How to complete this task → Please look for the string "then" below and report every line in which it occurs.

Records for this task →
-- ===== src/Workspace/Repo/Ops.antt =====
-- The loop of Repo.Commit of relay/internal/workspace/workspace.go over its operations.
use appunvs.Prelude.{
  ℕ, ◌≡◌, refl, sym, ap, ◌∙◌, String, true, false, Option, none, some, List, [], ◌∷◌, codes_beq,
  if◌then◌else◌, arith, Bool-cases, Option-cases, ◌⊎◌, inl, inr,
}
use mathlib.Core.Path.{subst}
use appunvs.Workspace.Path.{normalize_path}
use appunvs.Workspace.Tree.{FileEntry, regular, look, set, unset, Flat}
use appunvs.Workspace.Tree.Lookup.{into, codes_beq_iff, look-set, HasUniquePaths}
use appunvs.Workspace.Tree.Emit.{KeepsTrees}
use appunvs.Workspace.Repo.{Bytes, WriteOp, Git, written, apply_op, continue_ops, apply_ops}
use appunvs.Workspace.Repo.Laws.{Keeps, Documented, Keeps-trans, Keeps-refl}

-- The files of a box, by their paths: what the operations promise to change.
abbrev pub Files : Type 0
Files = List ℕ → Option Bytes

abbrev pub after_op : WriteOp → Files → Files
after_op op f q = elim (normalize_path op.path) [
  | none ↦ f q
  | some p ↦ if codes_beq p q then (if op.delete then none else some op.content) else f q
]

unfoldable pub after_ops : List WriteOp → Files → Files
after_ops [] f = f
after_ops (op ∷ ops) f = after_ops ops (after_op op f)

after_ops_at :
    (ops : List WriteOp) (f f' : Files)
    → ((q : List ℕ) → f' q ≡ f q)
    → (q : List ℕ) → after_ops ops f' q ≡ after_ops ops f q
unfolding after_ops
after_ops_at [] f f' h q = h q
after_ops_at (op ∷ ops) f f' h q = after_ops_at ops (after_op op f) (after_op op f') (λ r. same r) q
  where
    same : (r : List ℕ) → after_op op f' r ≡ after_op op f r
    same r = let e = h r in ground (arith, e)

look-unset :
    (k j : List ℕ) (m : Flat) → look j (unset k m) ≡ (if codes_beq k j then none else look j m)
unfolding look unset
look-unset k j [] = ground arith
look-unset k j ((i, w) ∷ m) =
    let rest = look-unset k j m in
    ground (arith, codes_beq_iff k j, codes_beq_iff i k, codes_beq_iff i j, rest)

HasUniquePaths-set :
    (k : List ℕ) (e : FileEntry) (m : Flat) → HasUniquePaths m → HasUniquePaths (set k e m)
unfolding set look
HasUniquePaths-set k e [] u = (refl, tt)
HasUniquePaths-set k e ((i, w) ∷ m) (fresh, u) = elim (Bool-cases (codes_beq i k)) [
  | inl h ↦ rw h (fresh, u)
  | inr h ↦
      let l = look-set k i e m in
      rw h (
        ground (arith, h, l, fresh, codes_beq_iff k i, codes_beq_iff i k),
        HasUniquePaths-set k e m u,
      )
]

HasUniquePaths-unset : (k : List ℕ) (m : Flat) → HasUniquePaths m → HasUniquePaths (unset k m)
unfolding unset look
HasUniquePaths-unset k [] u = tt
HasUniquePaths-unset k ((i, w) ∷ m) (fresh, u) = elim (Bool-cases (codes_beq i k)) [
  | inl h ↦ rw h (HasUniquePaths-unset k m u)
  | inr h ↦ let l = look-unset k i m in rw h (ground (arith, l, fresh), HasUniquePaths-unset k m u)
]

module _ {G : Type 0} (git : Git G) (trees : KeepsTrees git.put_tree)
    (doc : Documented git trees) where
  -- What the entries of a flat map stand for.
  abbrev pub contents : G → Flat → Files
  contents g flat q = into (look q flat) (λ e. git.read_blob e.hash g)

  -- Every entry's blob is there.
  abbrev pub Stored : G → Flat → Type 0
  Stored g flat = (q : List ℕ) → (look q flat ≡ none) ⊎ ((b : Bytes) × (contents g flat q ≡ some b))

  pub contents_kept :
      (g g' : G) (flat : Flat)
      → Keeps git trees g g'
      → Stored g flat
      → (q : List ℕ) → contents g' flat q ≡ contents g flat q
  contents_kept g g' flat keeps stored q = elim (Option-cases (look q flat)) [
    | inl e ↦ rw e refl
    | inr (e, x) ↦ elim (stored q) [
      | inl z ↦ absurd (ground (arith, x, z))
      | inr (b, y) ↦
          let here : git.read_blob e.hash g ≡ some b = ground (arith, x, y) in
          rw x (keeps.blob e.hash b here ∙ sym here)
    ]
  ]

  Stored_kept : (g g' : G) (flat : Flat) → Keeps git trees g g' → Stored g flat → Stored g' flat
  Stored_kept g g' flat keeps stored q = elim (stored q) [
    | inl z ↦ inl z
    | inr (b, y) ↦ inr (b, contents_kept g g' flat keeps stored q ∙ y)
  ]

  -- What a step of the loop, and the loop, leave.
  pub record Applied (f : Files) (g : G) (flat' : Flat) (g' : G) : Type 0 where
    pub keeps : Keeps git trees g g'
    pub head : git.head g' ≡ git.head g
    pub unique : HasUniquePaths flat'
    pub stored : Stored g' flat'
    pub changed : (q : List ℕ) → contents g' flat' q ≡ f q

  unset-Applied :
      (op : WriteOp) (p : List ℕ) (flat : Flat) (g : G)
      → normalize_path op.path ≡ some p
      → op.delete ≡ true
      → HasUniquePaths flat
      → Stored g flat
      → Applied (after_op op (contents g flat)) g (unset p flat) g
  unset-Applied op p flat g n d u stored = record {
    keeps = Keeps-refl git trees g;
    head = refl;
    unique = HasUniquePaths-unset p flat u;
    stored = λ q. let l = look-unset p q flat in left q (stored q);
    changed = λ q. let l = look-unset p q flat in ground (arith, n, d, l);
  }
    where
      left :
          (q : List ℕ)
          → (look q flat ≡ none) ⊎ ((b : Bytes) × (contents g flat q ≡ some b))
          → (look q (unset p flat) ≡ none) ⊎ ((b : Bytes) × (contents g (unset p flat) q ≡ some b))
      left q (inl z) = let l = look-unset p q flat in inl (ground (arith, z, l))
      left q (inr (b, y)) =
          let l = look-unset p q flat in
          elim (Bool-cases (codes_beq p q)) [
            | inl h ↦ inl (ground (arith, h, l))
            | inr h ↦ inr (b, ground (arith, h, l, y))
          ]

  set-Applied :
      (op : WriteOp) (p : List ℕ) (flat : Flat) (g g' : G) (h : String)
      → normalize_path op.path ≡ some p
      → op.delete ≡ false
      → HasUniquePaths flat
      → Stored g flat
      → git.write_blob op.content g ≡ (some h, g')
      → Applied
          (after_op op (contents g flat))
          g
          (set p (record { hash = h; mode = regular }) flat)
          g'
  set-Applied op p flat g g' h n d u stored e =
      let state : (git.write_blob op.content g).1 ≡ g' = ap (λ (x : Option String × G). x.1) e in
      let keeps = rw state at (doc.blob_keeps op.content g) in
      let head = rw state at (doc.blob_head op.content g) in
      let body = doc.blob_reads op.content g g' h e in
      let entry : FileEntry = record { hash = h; mode = regular } in
      record {
        keeps = keeps;
        head = head;
        unique = HasUniquePaths-set p entry flat u;
        stored = λ q. there q (stored q) keeps body;
        changed = λ q.
            let l = look-set p q entry flat in
            let old = contents_kept g g' flat keeps stored q in ground (arith, n, d, l, old, body);
      }
    where
      there :
          (q : List ℕ)
          → (look q flat ≡ none) ⊎ ((b : Bytes) × (contents g flat q ≡ some b))
          → Keeps git trees g g'
          → git.read_blob h g' ≡ some op.content
          → (look q (set p (record { hash = h; mode = regular }) flat) ≡ none)
            ⊎ ((b : Bytes) × (contents g' (set p (record { hash = h; mode = regular }) flat) q
                  ≡ some b))
      there q old keeps body =
          let l = look-set p q (record { hash = h; mode = regular }) flat in
          elim (Bool-cases (codes_beq p q)) [
            | inl x ↦ inr (op.content, ground (arith, x, l, body))
            | inr x ↦ elim old [
              | inl z ↦ inl (ground (arith, x, l, z))
              | inr (b, y) ↦
                  let same = contents_kept g g' flat keeps stored q in
                  inr (b, ground (arith, x, l, y, same))
            ]
          ]

  apply_op-Applied :
      (op : WriteOp) (p : Option (List ℕ)) (flat flat' : Flat) (g g' : G)
      → normalize_path op.path ≡ p
      → HasUniquePaths flat
      → Stored g flat
      → apply_op git op p flat g ≡ (some flat', g')
      → Applied (after_op op (contents g flat)) g flat' g'
  unfolding apply_op written
  apply_op-Applied op none flat flat' g g' n u stored e = absurd (ground arith)
  apply_op-Applied op (some p) flat flat' g g' n u stored e = elim (Bool-cases op.delete) [
    | inl d ↦
        let a : unset p flat ≡ flat' = ground (arith, d, e) in
        let b : g ≡ g' = ground (arith, d, e) in
        subst (λ (z : G). Applied (after_op op (contents g flat)) g flat' z) b
          (subst (λ (z : Flat). Applied (after_op op (contents g flat)) g z g) a
            (unset-Applied op p flat g n d u stored))
    | inr d ↦ elim (Option-cases (git.write_blob op.content g).0) [
      | inl z ↦ absurd (ground (arith, d, e, z))
      | inr (h, z) ↦
          let a : set p (record { hash = h; mode = regular }) flat ≡ flat' =
            ground (arith, d, e, z) in
          let b : git.write_blob op.content g ≡ (some h, g') = ground (arith, d, e, z) in
          subst (λ (y : Flat). Applied (after_op op (contents g flat)) g y g') a
            (set-Applied op p flat g g' h n d u stored b)
    ]
  ]

  continue_ops_lem :
      (x : Option Flat × G) (f : Flat → G → Option Flat × G) (flat' : Flat) (g' : G)
      → continue_ops git x f ≡ (some flat', g')
      → (flat : Flat) × (g : G) × (x ≡ (some flat, g)) × (f flat g ≡ (some flat', g'))
  unfolding continue_ops
  continue_ops_lem (none, g) f flat' g' e = absurd (ground arith)
  continue_ops_lem (some flat, g) f flat' g' e = (flat, g, refl, e)

  pub apply_ops-Applied :
      (ops : List WriteOp) (flat flat' : Flat) (g g' : G)
      → HasUniquePaths flat
      → Stored g flat
      → apply_ops git ops flat g ≡ (some flat', g')
      → Applied (after_ops ops (contents g flat)) g flat' g'
  unfolding apply_ops after_ops
  apply_ops-Applied [] flat flat' g g' u stored e =
      let a : flat ≡ flat' = ground arith in
      let b : g ≡ g' = ground arith in
      subst (λ (z : G). Applied (contents g flat) g flat' z) b
        (subst (λ (z : Flat). Applied (contents g flat) g z g) a
          (record {
            keeps = Keeps-refl git trees g;
            head = refl;
            unique = u;
            stored = stored;
            changed = λ q. refl;
          }))
  apply_ops-Applied (op ∷ ops) flat flat' g g' u stored e =
      let (flat1, g1, x, y) =
        continue_ops_lem (apply_op git op (normalize_path op.path) flat g) (apply_ops git ops) flat'
          g' e in
      let one = apply_op-Applied op (normalize_path op.path) flat flat1 g g1 refl u stored x in
      let rest = apply_ops-Applied ops flat1 flat' g1 g' one.unique one.stored y in
      record {
        keeps = Keeps-trans git trees one.keeps rest.keeps;
        head = rest.head ∙ one.head;
        unique = rest.unique;
        stored = rest.stored;
        changed = λ q.
            rest.changed q
            ∙ after_ops_at ops (after_op op (contents g flat)) (contents g1 flat1) one.changed q;
      }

Response area →
  if◌then◌else◌, arith, Bool-cases, Option-cases, ◌⊎◌, inl, inr,
  | some p ↦ if codes_beq p q then (if op.delete then none else some op.content) else f q
    (k j : List ℕ) (m : Flat) → look j (unset k m) ≡ (if codes_beq k j then none else look j m)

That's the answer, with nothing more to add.